MM-CondChain: A Programmatically Verified Benchmark for Visually Grounded Deep Compositional Reasoning
Haozhan Shen, Shilin Yan, Hongwei Xue, Shuaiqi Lu, Xiaojun Tang, Guannan Zhang, Tiancheng Zhao, Jianwei Yin
2026-03-16
Summary
This paper introduces a new way to test how well AI models that can 'see' and 'understand' language can follow complex, step-by-step instructions based on what they see in an image. These models, called Multimodal Large Language Models, are being used for tasks like automating actions on a computer screen, but current tests aren't challenging enough.
What's the problem?
Existing tests for these AI models don't really push them to think deeply about images and follow a long chain of 'if-then' conditions. For example, a good model should be able to handle instructions like 'If you see a permission box *and* the screen is green, click 'Allow''. Current benchmarks either test simple conditions or treat each condition as separate, not connected steps. This means we don't know how well they can handle real-world tasks that require careful, multi-step reasoning based on visual information.
What's the solution?
The researchers created a new benchmark called MM-CondChain. This benchmark presents the AI with a series of visual challenges organized like a workflow, where each step depends on correctly identifying things in the image and following a specific rule. To build this benchmark, they developed a system that automatically creates these complex instructions, making sure each step can be verified as correct. They tested this benchmark on different types of images – regular photos, charts, and screenshots of computer interfaces.
Why it matters?
This work is important because it shows that even the most advanced AI models still struggle with complex visual reasoning.

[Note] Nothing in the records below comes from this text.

-- ===== src/Keyboard/Tests.antt =====
-- The keyboard's theorems on a ring whose queue runs around the end of the buffer.
use hatcher.Base.{
  ℕ, ◌≡◌, refl, true, false, not, none, some, List, [], ◌∷◌, ◌⊎◌, arith, ◌==◌, ◌||◌, if◌then◌else◌,
  replicate, set,
}
use hatcher.Keyboard.{
  Keyboard, keyboard_buffer_push, keyboard_buffer_pop, keyboard_handler, kgetch, kgets,
}
use hatcher.Keyboard.Queue.{
  queue, enqueue, IsRing, keyboard_buffer_push-queue, keyboard_buffer_pop-queue,
}
use hatcher.Keyboard.Keys.{key_char, keyboard_handler-queue}
use hatcher.Keyboard.Input.{Got, kgetch-queue, edited, kgets-edited}

-- 'h' waits at index 127, caps lock is on.
abbrev wrapped : Keyboard
wrapped = record {
  kb_buf = set (replicate 128 0) 127 b'h';
  kb_head = 0;
  kb_tail = 127;
  shift_pressed = false;
  caps_lock = true;
}

wrapped-IsRing : IsRing wrapped
wrapped-IsRing = record { size = refl; head = omega arith; tail = omega arith }

keyboard_buffer_push_example :
    IsRing (keyboard_buffer_push b'i' wrapped)
    × (queue (keyboard_buffer_push b'i' wrapped) ≡ enqueue b'i' (queue wrapped))
keyboard_buffer_push_example = keyboard_buffer_push-queue wrapped b'i' wrapped-IsRing

keyboard_buffer_pop_example :
    IsRing (keyboard_buffer_pop wrapped).1
    × ((((keyboard_buffer_pop wrapped).0 ≡ none)
          × (queue wrapped ≡ [])
          × ((keyboard_buffer_pop wrapped).1 ≡ wrapped))
        ⊎ ((c : ℕ) × ((keyboard_buffer_pop wrapped).0 ≡ some c)
            × (queue wrapped ≡ c ∷ queue (keyboard_buffer_pop wrapped).1)))
keyboard_buffer_pop_example = keyboard_buffer_pop-queue wrapped wrapped-IsRing

-- Scancode 23 is the key I.
keyboard_handler_example :
    let k' = keyboard_handler 23 wrapped in
    let c = key_char false true 23 in
    IsRing k'
    × (queue k' ≡ (if c == 0 then queue wrapped else enqueue c (queue wrapped)))
    × (k'.shift_pressed
        ≡ (if 23 == 42 || 23 == 54 then true else if 23 == 170 || 23 == 182 then false else false))
    × (k'.caps_lock ≡ (if 23 == 58 then not true else true))
keyboard_handler_example = keyboard_handler-queue wrapped 23 wrapped-IsRing

kgetch_example :
    Got ((23 ∷ []) ∷ (35 ∷ []) ∷ []) wrapped (kgetch ((23 ∷ []) ∷ (35 ∷ []) ∷ []) wrapped)
kgetch_example = kgetch-queue ((23 ∷ []) ∷ (35 ∷ []) ∷ []) wrapped wrapped-IsRing

-- "lx", backspace, "s", return.
abbrev typed : List ℕ
typed = b'l' ∷ b'x' ∷ 8 ∷ b's' ∷ 13 ∷ b'?' ∷ []

kgets_example : kgets (replicate 256 0) typed ≡ edited typed []
kgets_example = kgets-edited (replicate 256 0) typed refl

kgets_run : kgets (replicate 256 0) typed ≡ some (b'l' ∷ b's' ∷ [])
unfolding kgets
kgets_run = refl
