-- ===== src/Sync/Admission.antt =====
-- Who may pair, in src-tauri/src/sync/mod.rs: the limits of `handle_incoming_pair`, what it notes of
-- an attempt, and the list of paired devices. A time is in seconds on the clock of `Instant`.
pub mod Laws
mod Tests
use Prim.Native.String.{String}
use bushido.Prelude.{
  ℕ, ◌+◌, ◌-◌, Bool, true, false, not, ◌&&◌, List, [], ◌∷◌, ◌++◌, Bytes, codes, leb, ltb, Option,
  none, some, Result, ok, err, if◌then◌else◌,
}
use bushido.Prelude.Table.{Eq, list_eq, list_beq, lookup, insert, erase}
use bushido.Sync.Pairing.{PairResult}
use bushido.Sync.Incoming.{PairedDevice}

-- The fields of `SyncState` that pairing uses; of the sender of the code, whether there is one.
pub record PairingState : Type 0 where
  pub failed_attempts : List (Bytes × (ℕ × ℕ))
  pub pairing_active : Bool
  pub pairing_code_sender : Bool
  pub paired_devices : List PairedDevice

abbrev pub elapsed : ℕ → ℕ → ℕ
elapsed now since = now - since

abbrev pub limited : ℕ → Option (ℕ × ℕ) → Bool
limited now none = false
limited now (some (count, since)) = leb 3 count && ltb (elapsed now since) 300

abbrev pub expired : ℕ → Option (ℕ × ℕ) → Bool
expired now none = false
expired now (some (count, since)) =
    not (leb 3 count && ltb (elapsed now since) 300) && leb 300 (elapsed now since)

-- The attempts after the check of the limit.
abbrev pub pruned : Bytes → ℕ → List (Bytes × (ℕ × ℕ)) → List (Bytes × (ℕ × ℕ))
pruned id now attempts = if expired now (lookup id attempts) then erase id attempts else attempts

-- How a request is met: with a refusal, or with the wait for the user's code.
pub data Admission : Type 0 where
  too_many already_pairing admitted : Admission

unfoldable pub admit : Bytes → ℕ → PairingState → Admission × PairingState
admit id now s =
    let s' = record s { failed_attempts = pruned id now s.failed_attempts } in
    if limited now (lookup id s.failed_attempts)
    then (too_many, s')
    else (if s.pairing_active
        then (already_pairing, s')
        else (admitted, record s' { pairing_active = true; pairing_code_sender = true }))

abbrev pub cleanup_pairing : PairingState → PairingState
cleanup_pairing s = record s { pairing_active = false; pairing_code_sender = false }

-- `devices.retain(|d| d.device_id != id)`
pub without : Bytes → List PairedDevice → List PairedDevice
without id [] = []
without id (d ∷ devices) =
    let rest = without id devices in if list_beq d.device_id id then rest else d ∷ rest

abbrev pub device_of : PairResult → PairedDevice
device_of r = record {
  device_id = r.device_id;
  name = r.device_name;
  noise_public_key = r.noise_public_key;
  fingerprint = r.fingerprint;
}

unfoldable pub store_paired_device : PairResult → PairingState → PairingState
unfolding without
store_paired_device r s = record s {
  paired_devices = without r.device_id s.paired_devices ++ (device_of r ∷ []);
}

unfoldable pub remove_device : Bytes → PairingState → PairingState
unfolding without
remove_device id s = record s { paired_devices = without id s.paired_devices }

abbrev pub count_of : Option (ℕ × ℕ) → ℕ
count_of none = 0
count_of (some (count, since)) = count

abbrev pub failed_once_more : Bytes → ℕ → PairingState → PairingState
failed_once_more id now s = record s {
  failed_attempts = insert id (count_of (lookup id s.failed_attempts) + 1, now) s.failed_attempts;
}

-- The end of an admitted request: no code within the time, or what `run_responder` returned.
unfoldable pub conclude_pair : Bytes → ℕ → Option (Result PairResult) → PairingState → PairingState
unfolding store_paired_device
conclude_pair id now none s = cleanup_pairing s
conclude_pair id now (some (ok r)) s = cleanup_pairing (store_paired_device r s)
conclude_pair id now (some (err e)) s = cleanup_pairing (failed_once_more id now s)

-- A request whose pairing fails, if it is admitted at all: when it comes, and when it fails.
abbrev pub after_admission : Bytes → ℕ → String → Admission × PairingState → PairingState
after_admission id now e (too_many, s) = s
after_admission id now e (already_pairing, s) = s
after_admission id now e (admitted, s) = conclude_pair id now (some (err e)) s

unfoldable pub attempt : Bytes → ℕ → ℕ → String → PairingState → PairingState
attempt id came failed e s = after_admission id failed e (admit id came s)
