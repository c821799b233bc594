-- ===== src/Sync/Admission/Laws.antt =====
-- What the limits on pairing promise, and the list of paired devices, in src-tauri/src/sync/mod.rs.
use Prim.Native.String.{String}
use bushido.Prelude.{
  ℕ, ◌+◌, ◌-◌, ◌<◌, ◌≡◌, ◌≢◌, refl, sym, ap, ◌∙◌, inl, inr, false, List, [], ◌∷◌, ◌++◌, Bytes,
  lt→ltb, Option, none, some, ok, if◌then◌else◌, Bool-cases, arith,
}
use bushido.Prelude.Table.{list_eq, list_beq, list_beq_iff, list_beq-false, lookup, lookup-insert}
use bushido.Sync.Pairing.{PairResult}
use bushido.Sync.Incoming.{PairedDevice, find_device}
use bushido.Sync.Admission.{
  PairingState, limited, too_many, admitted, admit, without, device_of, store_paired_device,
  conclude_pair, expired, count_of, attempt,
}

find-without :
    (id : Bytes) (devices : List PairedDevice) → find_device id (without id devices) ≡ none
unfolding without
find-without id [] = refl
find-without id (d ∷ devices) = elim (Bool-cases (list_beq d.device_id id)) [
  | inl same ↦ rw same (find-without id devices)
  | inr other ↦ rw other (rw other (find-without id devices))
]

find-without_other :
    (id other : Bytes) (devices : List PairedDevice)
    → list_beq id other ≡ false
    → find_device other (without id devices) ≡ find_device other devices
unfolding without
find-without_other id other [] ne = refl
find-without_other id other (d ∷ devices) ne = elim (Bool-cases (list_beq d.device_id id)) [
  | inl same ↦
      let gone : list_beq d.device_id other ≡ false =
        ap (λ x. list_beq x other) ((list_beq_iff d.device_id id).0 same) ∙ ne in
      rw same (rw gone (find-without_other id other devices ne))
  | inr kept ↦ elim (Bool-cases (list_beq d.device_id other)) [
    | inl here ↦ rw kept (rw here refl)
    | inr on ↦ rw kept (rw on (find-without_other id other devices ne))
  ]
]

or_last : Bytes → PairedDevice → Option PairedDevice → Option PairedDevice
or_last id d none = if list_beq d.device_id id then some d else none
or_last id d (some e) = some e

find-append :
    (id : Bytes) (d : PairedDevice) (devices : List PairedDevice)
    → find_device id (devices ++ (d ∷ [])) ≡ or_last id d (find_device id devices)
unfolding or_last
find-append id d [] = refl
find-append id d (e ∷ devices) = elim (Bool-cases (list_beq e.device_id id)) [
  | inl here ↦ rw here refl
  | inr on ↦ rw on (find-append id d devices)
]

or_last-other :
    (id : Bytes) (d : PairedDevice) (o : Option PairedDevice)
    → list_beq d.device_id id ≡ false
    → or_last id d o ≡ o
unfolding or_last
or_last-other id d none ne = rw ne refl
or_last-other id d (some e) ne = refl

-- A pairing that has succeeded: its device is found by its id, with the key of the pairing, and every
-- other device is found as before.
pub conclude_pair-finds :
    (id other : Bytes) (now : ℕ) (r : PairResult) (s : PairingState)
    → other ≢ r.device_id
    → let devices = (conclude_pair id now (some (ok r)) s).paired_devices in
      (find_device r.device_id devices ≡ some (device_of r))
      × (find_device other devices ≡ find_device other s.paired_devices)
unfolding conclude_pair store_paired_device or_last
conclude_pair-finds id other now r s ne =
    let gone = find-without r.device_id s.paired_devices in
    let mine = (list_beq_iff r.device_id r.device_id).1 refl in
    let apart = list_beq-false r.device_id other (λ e. ne (sym e)) in
    (
      find-append r.device_id (device_of r) (without r.device_id s.paired_devices)
          ∙ rw gone (rw mine refl),
      find-append other (device_of r) (without r.device_id s.paired_devices)
          ∙ or_last-other other (device_of r) _ apart
          ∙ find-without_other r.device_id other s.paired_devices apart,
    )

attempt-counts :
    (id : Bytes) (came failed : ℕ) (e : String) (s : PairingState) (entry : Option (ℕ × ℕ))
    → lookup id s.failed_attempts ≡ entry
    → expired came entry ≡ false
    → limited came entry ≡ false
    → s.pairing_active ≡ false
    → let s' = attempt id came failed e s in
      (lookup id s'.failed_attempts ≡ some (count_of entry + 1, failed))
      × (s'.pairing_active ≡ false)
      × ((other : Bytes)
          → list_beq id other ≡ false
          → lookup other s'.failed_attempts ≡ lookup other s.failed_attempts)
unfolding attempt admit conclude_pair
attempt-counts id came failed e s entry has young few idle =
    let mine = (list_beq_iff id id).1 refl in
    rw has (
      rw (young, few)
        (rw idle (
          rw has (
            lookup-insert id id _ s.failed_attempts ∙ rw mine refl,
            refl,
            λ other ne. lookup-insert id other _ s.failed_attempts ∙ rw ne refl,
          ))))

-- A device that has not failed before fails three times, each new request coming less than 300 seconds
-- after the failure before: for 300 seconds from the last failure it is refused. A request under
-- another id that has not failed is admitted at once.
pub attempts-limited :
    (id other : Bytes) (a1 f1 a2 f2 a3 f3 now : ℕ) (e : String) (s : PairingState)
    → other ≢ id
    → lookup id s.failed_attempts ≡ none
    → lookup other s.failed_attempts ≡ none
    → s.pairing_active ≡ false
    → a2 - f1 < 300
    → a3 - f2 < 300
    → now - f3 < 300
    → let s3 = attempt id a3 f3 e (attempt id a2 f2 e (attempt id a1 f1 e s)) in
      ((admit id now s3).0 ≡ too_many) × ((admit other now s3).0 ≡ admitted)
unfolding admit
attempts-limited id other a1 f1 a2 f2 a3 f3 now e s ne new unknown idle soon2 soon3 soon =
    let apart = list_beq-false id other (λ p. ne (sym p)) in
    let (c1, i1, o1) = attempt-counts id a1 f1 e s none new refl refl idle in
    let s1 = attempt id a1 f1 e s in
    let (c2, i2, o2) =
      attempt-counts id a2 f2 e s1 (some (1, f1)) c1 (ground arith) (ground arith) i1 in
    let s2 = attempt id a2 f2 e s1 in
    let (c3, i3, o3) =
      attempt-counts id a3 f3 e s2 (some (2, f2)) c2 (ground arith) (ground arith) i2 in
    let same : lookup other (attempt id a3 f3 e s2).failed_attempts ≡ none =
      o3 other apart ∙ o2 other apart ∙ o1 other apart ∙ unknown in
    (rw c3 (rw (lt→ltb (now - f3) 300 soon) refl), rw same (rw i3 refl))
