-- ===== src/Sync/Admission/Tests.antt =====
-- A device that guesses three codes, and one that pairs.
use bushido.Prelude.{ℕ, ◌≡◌, ◌≢◌, refl, ap, [], ◌∷◌, Bytes, codes, false, arith}
use bushido.Sync.Pairing.{PairResult}
use bushido.Sync.Incoming.{PairedDevice}
use bushido.Sync.Admission.{PairingState, too_many, admitted, admit, attempt}
use bushido.Sync.Admission.Laws.{attempts-limited}

abbrev tablet : PairedDevice
tablet = record {
  device_id = codes "t";
  name = codes "Tablet";
  noise_public_key = 3 ∷ [];
  fingerprint = codes "f";
}

abbrev idle : PairingState
idle = record {
  failed_attempts = [];
  pairing_active = false;
  pairing_code_sender = false;
  paired_devices = tablet ∷ record tablet { device_id = codes "p" } ∷ [];
}

abbrev phone : PairResult
phone = record {
  device_id = codes "p";
  device_name = codes "Phone";
  noise_public_key = 5 ∷ [];
  fingerprint = codes "g";
}

abbrev first : Bytes → ℕ
first [] = 0
first (b ∷ bytes) = b

differ : codes "t" ≢ codes "p"
differ e = let letters : ◌≡◌ {A = ℕ} 116 112 = ap first e in omega arith

attempts-limited_example :
    ((admit (codes "p") 330 (
        attempt
          (codes "p")
          50
          60
          "e"
          (attempt (codes "p") 30 40 "e" (attempt (codes "p") 10 20 "e" idle)))).0
      ≡ too_many)
    × ((admit (codes "t") 330 (
          attempt
            (codes "p")
            50
            60
            "e"
            (attempt (codes "p") 30 40 "e" (attempt (codes "p") 10 20 "e" idle)))).0
        ≡ admitted)
attempts-limited_example =
    attempts-limited (codes "p") (codes "t") 10 20 30 40 50 60 330 "e" idle differ refl refl refl
      (omega arith) (omega arith) (omega arith)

They aren't very good at following long chains of instructions that require them to carefully analyze images and make decisions based on multiple factors. Improving this ability is crucial for building AI that can reliably automate tasks and interact with the world around us.
Abstract
Multimodal Large Language Models (MLLMs) are increasingly used to carry out visual workflows such as navigating GUIs, where the next step depends on verified visual compositional conditions (e.g., "if a permission dialog appears and the color of the interface is green, click Allow") and the process may branch or terminate early. Yet this capability remains under-evaluated: existing benchmarks focus on shallow-compositions or independent-constraints rather than deeply chained compositional conditionals. In this paper, we introduce MM-CondChain, a benchmark for visually grounded deep compositional reasoning. Each benchmark instance is organized as a multi-layer reasoning chain, where every layer contains a non-trivial compositional condition grounded in visual evidence and built from multiple objects, attributes, or relations. To answer correctly, an MLLM must perceive the image in detail, reason over multiple visual elements at each step, and follow the resulting execution path to the final outcome. To scalably construct such workflow-style data, we propose an agentic synthesis pipeline: a Planner orchestrates layer-by-layer generation of compositional conditions, while a Verifiable Programmatic Intermediate Representation (VPIR) ensures each layer's condition is mechanically verifiable. A Composer then assembles these verified layers into complete instructions. Using this pipeline, we construct benchmarks across three visual domains: natural images, data charts, and GUI trajectories. Experiments on a range of MLLMs show that even the strongest model attains only 53.33 Path F1, with sharp drops on hard negatives and as depth or predicate complexity grows, confirming that deep compositional reasoning remains a fundamental challenge.